We consider the subproblem of catalog maintenance, posing the multi-sensor tasking problem as a Partially Observable Markov Decision Process (POMDP) with the goal of determining time histories of optimal pointing for a given set of sensor locations and specifications. Monte Carlo Tree Search (MCTS) approaches are considered given the broad action space and continuous observation and state spaces inherent to the sensor tasking problem. In previous work, a tree search methodology was developed treating belief in states as a set of Gaussian random variables.

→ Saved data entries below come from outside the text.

-- ===== src/Mining/Engine/Windows.antt =====
-- When a batch looks for XUNI (`compute_allow_xuni_base` of src/mining/cuda_engine.cpp), over several calls.
use xnminer.Base.{
  ℕ, zero, suc, ◌+◌, ◌-◌, ◌*◌, ◌/◌, ◌%◌, ◌≤◌, ◌<◌, ℤ, pos, ◌≡◌, refl, ap, ◌∙◌, Bool, true, false,
  List, Bool-cases, inl, inr, [], ◌∷◌, All, leb_ℤ, max_ℤ, arith,
}
use native.Mathlib.Nat.{mul-mod_right, mod-lt, mod-add-div, mul-add}
use xnminer.Config.Load.{MiningSettings}
use xnminer.Policy.{in_xuni_window, in_xuni_taper_window}
use xnminer.Mining.Engine.{Engine, pause, every, divides, set_queue_counts, compute_allow_xuni_base}

-- The engine after `n` calls within one minute.
unfoldable pub asked : ℕ → MiningSettings → ℕ → Engine → Engine
asked zero ms minute e = e
asked (suc n) ms minute e = asked n ms minute (compute_allow_xuni_base ms minute e).1

-- Nothing but the count of batches keeps a batch from looking for XUNI.
abbrev pub Quiet : MiningSettings → ℕ → Engine → Type 0
Quiet ms minute e =
    (ms.xuni_mining_enabled ≡ true)
    × (in_xuni_window minute ≡ true)
    × (e.xuni_queue_paused ≡ false)
    × (leb_ℤ (max_ℤ (pos 0) ms.xuni_queue_soft_cap) e.pending_xuni ≡ false)
    × (leb_ℤ ms.xuni_max_lanes (pos 0) ≡ false)

compute_allow_xuni_base-Quiet :
    (ms : MiningSettings) (minute : ℕ) (e : Engine)
    → Quiet ms minute e
    → compute_allow_xuni_base ms minute e ≡ (
      divides (every ms minute) (e.batch_seq + 1),
      record e { xuni_queue_paused = false; batch_seq = e.batch_seq + 1 },
    )
unfolding compute_allow_xuni_base pause
compute_allow_xuni_base-Quiet ms minute e q = rw (q.0, q.1, q.2, q.3, q.4) refl

compute_allow_xuni_base-asked :
    (n : ℕ) (ms : MiningSettings) (minute : ℕ) (e : Engine)
    → Quiet ms minute e
    → (compute_allow_xuni_base ms minute (asked n ms minute e)).0
      ≡ divides (every ms minute) (e.batch_seq + (n + 1))
unfolding asked
compute_allow_xuni_base-asked zero ms minute e q =
    rw (compute_allow_xuni_base-Quiet ms minute e q) refl
compute_allow_xuni_base-asked (suc n) ms minute e q =
    rw (compute_allow_xuni_base-Quiet ms minute e q) (
      compute_allow_xuni_base-asked n ms minute
        (record e { xuni_queue_paused = false; batch_seq = e.batch_seq + 1 })
        (q.0, q.1, refl, q.3, q.4)
      ∙ ap (divides (every ms minute)) (omega arith))

-- Of any `m` numbers in a row, one is a multiple of `m`.
next_multiple : (m s : ℕ) → 1 ≤ m → (n : ℕ) × (n < m) × (divides m (s + (n + 1)) ≡ true)
next_multiple m s h =
    (m - 1 - s % m, omega (arith, h, mod-lt s h), rw (here, mul-mod_right m (s / m + 1)) refl)
  where
    here : s + (m - 1 - s % m + 1) ≡ m * (s / m + 1)
    here = omega (arith, h, mod-lt s h, mod-add-div s m, mul-add m (s / m) 1)

every-positive : (ms : MiningSettings) (minute : ℕ) → 1 ≤ every ms minute
unfolding every max_ℤ in_xuni_taper_window
every-positive ms minute = ground arith

-- Within the window, with XUNI on, a lane for it, the queue below the soft cap and not paused, one of
-- any `every` calls in a row lets its batch look for XUNI.
pub asked-allows :
    (ms : MiningSettings) (minute : ℕ) (e : Engine)
    → Quiet ms minute e
    → (n : ℕ) × (n < every ms minute)
      × ((compute_allow_xuni_base ms minute (asked n ms minute e)).0 ≡ true)
asked-allows ms minute e q =
    let (n, less, d) = next_multiple (every ms minute) e.batch_seq (every-positive ms minute) in
    (n, less, rw (compute_allow_xuni_base-asked n ms minute e q) d)

-- A call that follows a report of how many XUNI are queued.
pub record Report : Type 0 where
  pub minute : ℕ
  pub xuni : ℤ
  pub xnm : ℤ
  pub xblk : ℤ

unfoldable pub ask_all : MiningSettings → List Report → Engine → List Bool
ask_all ms [] e = []
ask_all ms (r ∷ rs) e =
    let (allow, after) =
      compute_allow_xuni_base ms r.minute (set_queue_counts r.xuni r.xnm r.xblk e) in
    allow ∷ ask_all ms rs after

-- The report is made in the window, and the queue has not come down to the count for resuming.
abbrev pub AboveResume : MiningSettings → Report → Type 0
AboveResume ms r =
    (in_xuni_window r.minute ≡ true)
    × (leb_ℤ (max_ℤ (pos 0) r.xuni) (max_ℤ (pos 0) ms.xuni_queue_resume) ≡ false)

pause_stays :
    (soft resume pending : ℤ) → leb_ℤ pending resume ≡ false → pause soft resume pending true ≡ true
unfolding pause
pause_stays soft resume pending h = rw h (ground arith)

still_paused :
    (ms : MiningSettings) (minute : ℕ) (e : Engine)
    → e.xuni_queue_paused ≡ true
    → in_xuni_window minute ≡ true
    → leb_ℤ e.pending_xuni (max_ℤ (pos 0) ms.xuni_queue_resume) ≡ false
    → let c = compute_allow_xuni_base ms minute e in (c.0 ≡ false) × (c.1.xuni_queue_paused ≡ true)
unfolding compute_allow_xuni_base
still_paused ms minute e p w a = elim (Bool-cases ms.xuni_mining_enabled) [
  | inl on ↦
      rw (on, w, p, pause_stays (max_ℤ (pos 0) ms.xuni_queue_soft_cap) _ e.pending_xuni a)
        (refl, refl)
  | inr off ↦ rw off (refl, p)
]

paused_call :
    (ms : MiningSettings) (r : Report) (e : Engine)
    → e.xuni_queue_paused ≡ true
    → AboveResume ms r
    → let c = compute_allow_xuni_base ms r.minute (set_queue_counts r.xuni r.xnm r.xblk e) in
      (c.0 ≡ false) × (c.1.xuni_queue_paused ≡ true)
unfolding set_queue_counts
paused_call ms r e p a = still_paused ms r.minute (set_queue_counts r.xuni r.xnm r.xblk e) p a.0 a.1

ask_all-paused :
    (ms : MiningSettings) (rs : List Report) (e : Engine)
    → e.xuni_queue_paused ≡ true
    → All (AboveResume ms) rs
    → All (λ b. b ≡ false) (ask_all ms rs e)
unfolding ask_all
ask_all-paused ms [] e p a = tt
ask_all-paused ms (r ∷ rs) e p a =
    let c = paused_call ms r e p a.0 in (c.0, ask_all-paused ms rs _ c.1 a.1)

pause_begins :
    (soft resume pending : ℤ) (paused : Bool)
    → leb_ℤ soft pending ≡ true
    → pause soft resume pending paused ≡ true
unfolding pause
pause_begins soft resume pending paused h = rw h refl

full_call :
    (ms : MiningSettings) (minute : ℕ) (e : Engine)
    → ms.xuni_mining_enabled ≡ true
    → in_xuni_window minute ≡ true
    → leb_ℤ (max_ℤ (pos 0) ms.xuni_queue_soft_cap) e.pending_xuni ≡ true
    → let c = compute_allow_xuni_base ms minute e in (c.0 ≡ false) × (c.1.xuni_queue_paused ≡ true)
unfolding compute_allow_xuni_base
full_call ms minute e on w full =
    rw
      (
        on,
        w,
        pause_begins _ (max_ℤ (pos 0) ms.xuni_queue_resume) e.pending_xuni e.xuni_queue_paused full,
      )
      (refl, refl)

-- With XUNI mining on, once the count of queued XUNI has been reported at the soft cap within the window, no batch looks
-- for XUNI as long as the reports within the window stay above the count for resuming, whatever the
-- engine's state before.
pub ask_all-full :
    (ms : MiningSettings) (r : Report) (rs : List Report) (e : Engine)
    → ms.xuni_mining_enabled ≡ true
    → in_xuni_window r.minute ≡ true
    → leb_ℤ (max_ℤ (pos 0) ms.xuni_queue_soft_cap) (max_ℤ (pos 0) r.xuni) ≡ true
    → All (AboveResume ms) rs
    → All (λ b. b ≡ false) (ask_all ms (r ∷ rs) e)
unfolding ask_all set_queue_counts
ask_all-full ms r rs e on w full a =
    let c = full_call ms r.minute (set_queue_counts r.xuni r.xnm r.xblk e) on w full in
    (c.0, ask_all-paused ms rs _ c.1 a)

While many MCTS methods represent belief as a set of particles, this methodology allows for high dimensional states to be represented in the tree search format while avoiding the curse of dimensionality inherent to particle-based techniques.
Several contributions are submitted in this proposed work. Primarily, an induction-based proof is applied to demonstrate convergence and guarantees of the tree search methodology as a function of tree search iterations; this proof differs from that of Auger et al. (2013) in its application to the POMDP framework. Instead of a randomized, generative state transition model, the POMDP framework must use measurements and likelihood sampling in the traversal from decision nodes to observation nodes. As a further modification, consistent with seminal MCTS works by Kocsis and Szevepari and Chang et al., a logarithmic function is used for exploration of the action space. To accompany this derivation, regret analyses are performed to numerically evaluate algorithmic behavior over a variety of use cases. In these cases, we compare average realized reward as a function of search tree iterations to an oracle defined by the search tree result with a large number of simulations. Parallelization implementations are discussed as a means to ensure sufficient search tree simulation for online usage of MCTS over a receding horizon. Finally, the tree search algorithm is applied to a large-scale, multi-observer use case studying a population of 1000 objects in both geostationary and low-Earth orbits over a several day observation campaign.
The methodologies discussed are most impactful in that tree search techniques can be applied in an embarrassingly parallel manner, allowing for broad exploration of possible tasking decisions. There is also high potential for the use of tree search methods in situations where dynamic environments and measurement models must be considered. Given appropriate modeling, the MCTS methods discussed are easily augmented to incorporate false alarm and detection probabilities, weather and lighting conditions, and sensor uncertainties. As such, MCTS techniques offer addition and extension to information theoretic methodologies, allowing for broader understanding of the tasking problem.
Date of Conference: September 15-18, 2020
Track: SSA/SDA